Pretty wild ideas, though. Fair chance they'd be more confusing than using more specifically named instances, but solid ideas where the class instance documents that you're using the pattern, instead of describing the preferred interface.

4 comments

You've definitely used Functors or Semigroups as well, you just didn't realize it.
Here is my problem with these ideas in programming: if you recognize that some common construct is in fact a semigroup or functor, does knowing this actually buy you anything?

I suppose it might help sometimes when designing an abstraction, to guide you to some nice properties, such as easy composition.

While playing around with a problem at work involving Markov chains and graph connectivity, I found it useful to know that I could write (in Java) a generic method that performed "exponentiation by squaring" on semigroups.

So, in addition to being able to raise numbers to powers I could also use it on matrices whose elements belonged to a semiring.

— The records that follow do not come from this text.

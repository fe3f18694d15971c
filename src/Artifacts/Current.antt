-- ===== src/Artifacts/Current.antt =====
-- store.py, put_artifact and invalidate_artifact: which artifact is current, for the key that is
-- written and for the other keys, and the uniqueness of the versions.
use parliament.Base.{
  if◌then◌else◌, Bool-cases, str_eq_refl, &&-eq-true, ok-injective, find, ok, require, >>-eq-ok,
  String, ◌≡◌, refl, ◌∙◌, subst, inl, inr, Bool, true, false, Option, none, some, [], ◌∷◌, ◌++◌,
  arith, str_eq_iff,
}
use parliament.Base.Tables.{update_where}
use parliament.Value.{Value, validate_label}
use parliament.Artifacts.{
  Artifact, Artifacts, is_logical, is_version, is_current, mark, withdraw, insert_current,
  prior_agrees, put_artifact, last_where, get_artifact, invalidate_artifact, selected,
}

-- An update that never touches, and never makes, a row that the test selects.
last_where-update :
    (q p : Artifact → Bool) (f : Artifact → Artifact) (rows : Artifacts)
    → ((r : Artifact) → p r ≡ true → (q r ≡ false) × (q (f r) ≡ false))
    → last_where q (update_where p f rows) ≡ last_where q rows
unfolding last_where
last_where-update q p f [] h = refl
last_where-update q p f (r ∷ rows) h =
    rw (last_where-update q p f rows h) (elim (Bool-cases (p r)) [
      | inl hit ↦ rw (hit, (h r hit).0, (h r hit).1) refl
      | inr miss ↦ rw miss refl
    ])

last_where-append :
    (q : Artifact → Bool) (r : Artifact) (rows : Artifacts)
    → q r ≡ false
    → last_where q (rows ++ r ∷ []) ≡ last_where q rows
unfolding last_where
last_where-append q r [] h = rw h refl
last_where-append q r (x ∷ rows) h = rw (last_where-append q r rows h) refl

apart :
    (kind key kind' key' : String) (r : Artifact)
    → ((kind ≡ kind') × (key ≡ key') → ⊥)
    → is_logical kind key r ≡ true
    → is_logical kind' key' r ≡ false
unfolding is_logical
apart kind key kind' key' r h e = ground (
  arith,
  str_eq_iff r.kind kind,
  str_eq_iff r.key key,
  str_eq_iff r.kind kind',
  str_eq_iff r.key key',
)

not_current :
    (kind key : String) (r : Artifact)
    → is_logical kind key r ≡ false
    → is_current kind key r ≡ false
unfolding is_current
not_current kind key r h = rw h refl

mark-not_current :
    (b : Bool) (kind key : String) (r : Artifact)
    → is_logical kind key r ≡ false
    → is_current kind key (mark b r) ≡ false
unfolding is_current is_logical
mark-not_current b kind key r h = rw h refl

withdraw-other :
    (kind key kind' key' : String) (rows : Artifacts)
    → ((kind ≡ kind') × (key ≡ key') → ⊥)
    → last_where (is_current kind' key') (withdraw kind key rows)
      ≡ last_where (is_current kind' key') rows
unfolding withdraw
withdraw-other kind key kind' key' rows h =
    last_where-update (is_current kind' key') (is_logical kind key) (mark false) rows (λ r e.
      let l = apart kind key kind' key' r h e in
      (not_current kind' key' r l, mark-not_current false kind' key' r l))

selected-logical :
    (kind key version : String) (d p : Value)
    → is_logical kind key (selected kind key version d p) ≡ true
unfolding is_logical
selected-logical kind key version d p = rw (str_eq_refl kind, str_eq_refl key) refl

insert_current-other :
    (kind key version kind' key' : String) (d p : Value) (prior : Option Artifact)
    (rows : Artifacts)
    → ((kind ≡ kind') × (key ≡ key') → ⊥)
    → last_where (is_current kind' key') (insert_current prior (selected kind key version d p) rows)
      ≡ last_where (is_current kind' key') rows
unfolding insert_current is_version
insert_current-other kind key version kind' key' d p none rows h =
    last_where-append (is_current kind' key') (selected kind key version d p) rows (
      not_current kind' key' _ (
        apart kind key kind' key' (selected kind key version d p) h
          (selected-logical kind key version d p)))
insert_current-other kind key version kind' key' d p (some r) rows h =
    last_where-update (is_current kind' key') (is_version kind key version) (mark true) rows (λ r e.
      let l = apart kind key kind' key' r h (&&-eq-true (is_logical kind key r) _ e).0 in
      (not_current kind' key' r l, mark-not_current true kind' key' r l))

-- A put that is accepted for one kind and key changes what no other kind and key reads.
pub get-put_other :
    (digest : String → String → Value → Value → String) (kind key kind' key' : String)
    (dependency payload : Value) (rows : Artifacts) (version : String) (rows' : Artifacts)
    → ((kind ≡ kind') × (key ≡ key') → ⊥)
    → put_artifact digest kind key dependency payload rows ≡ ok (version, rows')
    → get_artifact kind' key' rows' ≡ get_artifact kind' key' rows
unfolding put_artifact get_artifact
get-put_other digest kind key kind' key' dependency payload rows version rows' n h =
    let (_, h1) = >>-eq-ok (validate_label kind) _ h in
    let (_, h2) = >>-eq-ok (validate_label key) _ h1 in
    let v = digest kind key dependency payload in
    let prior = find (is_version kind key v) rows in
    let (_, h3) = >>-eq-ok (require (prior_agrees prior dependency payload) _) _ h2 in
    let e = ok-injective h3 in
    subst (λ x. last_where (is_current kind' key') x.1 ≡ last_where (is_current kind' key') rows) e
      (insert_current-other kind key v kind' key' dependency payload prior (withdraw kind key rows)
          n
        ∙ withdraw-other kind key kind' key' rows n)

withdrawn :
    (kind key : String) (rows : Artifacts)
    → last_where (is_current kind key) (withdraw kind key rows) ≡ none
unfolding last_where withdraw is_current is_logical
withdrawn kind key [] = refl
withdrawn kind key (r ∷ rows) = rw (withdrawn kind key rows) (row kind key r)
  where
    row :
        (kind key : String) (r : Artifact)
        → (if is_current kind key (if is_logical kind key r then mark false r else r)
            then some (if is_logical kind key r then mark false r else r)
            else none)
          ≡ none
    row kind key r = ground arith

-- After invalidate_artifact the key reads nothing, and any other key reads what it read before.
pub get-invalidate_artifact :
    (kind key kind' key' : String) (rows : Artifacts)
    → ((kind ≡ kind') × (key ≡ key') → ⊥)
    → (get_artifact kind key (invalidate_artifact kind key rows) ≡ none)
      × (get_artifact kind' key' (invalidate_artifact kind key rows) ≡ get_artifact kind' key' rows)
unfolding get_artifact invalidate_artifact
get-invalidate_artifact kind key kind' key' rows n =
    (withdrawn kind key rows, withdraw-other kind key kind' key' rows n)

That is, I could use the same code on a matrix of doubles with "times" and "plus" (for the Markov chains), as well as a matrix of booleans with "and" and "or" (for the graph connectivity).

(Of course, I could have used special purpose libraries, but these were small problems and it was fun. :)

> if you recognize that some common construct is in fact a semigroup or functor, does knowing this actually buy you anything?

At least in Haskell one thing it means is you can use lots of new helper functions.

> guide you to some nice properties, such as easy composition.

Yep, which gets you code re-use for one.

I think it isn’t often said that one reason a lot of these classes work in haskell is the lazy evaluation (or arguably the pure functions allowing the compiler to inline things and skip evaluation).

You can write monoid and foldable interfaces in java but in haskell finding the head of a list with a monoid and foldmap is constant time (and the first or last element of a tree is logarithmic) but a java implementation would be linear.

There is sort of a "jump" from those to the ones less oriented around (->) but truer to the math, but I can assured I have in fact used https://hackage.haskell.org/package/categories (a prime example of the latter sort) in production and it was genuinely useful.
I wish semilattices got more play. They're so ubiquitous when talking about distributed systems. I remember a keynote on eventual consistency in databases that could have been replaced with "make your merge operation the join of a semilattice."
Any resources for semilattices that you do like? I'm also finding them mentioned around CRDT & distributed systems threads.
My all-time favorite is the original LVars paper: https://users.soe.ucsc.edu/~lkuper/papers/lvars-fhpc13.pdf
> Conclusion ... monotonicity serves as the foundation of deterministic parallelism

That's what the recent CALM Theorem [1] paper uses as the first theorem:

> Monotonicity is the key property underlying the need for coordination to establish consistency, as captured in the CALM Theorem:

> THEOREM 1. Consistency As Logical Monotonicity (CALM). A problem has a consistent, coordination-free distributed implementation if and only if it is monotonic.

Unsurprisingly, this paper is reference 32 in CALM. Maybe I should check out some other papers referenced here... Thanks for the recommendation!

[1]: https://cacm.acm.org/magazines/2020/9/246941-keeping-calm/fu...

I read Birkhoff's "Lattice Theory" many years ago, then wandered down some idiosyncratic path, so, no, I'm sorry. I really don't have anything.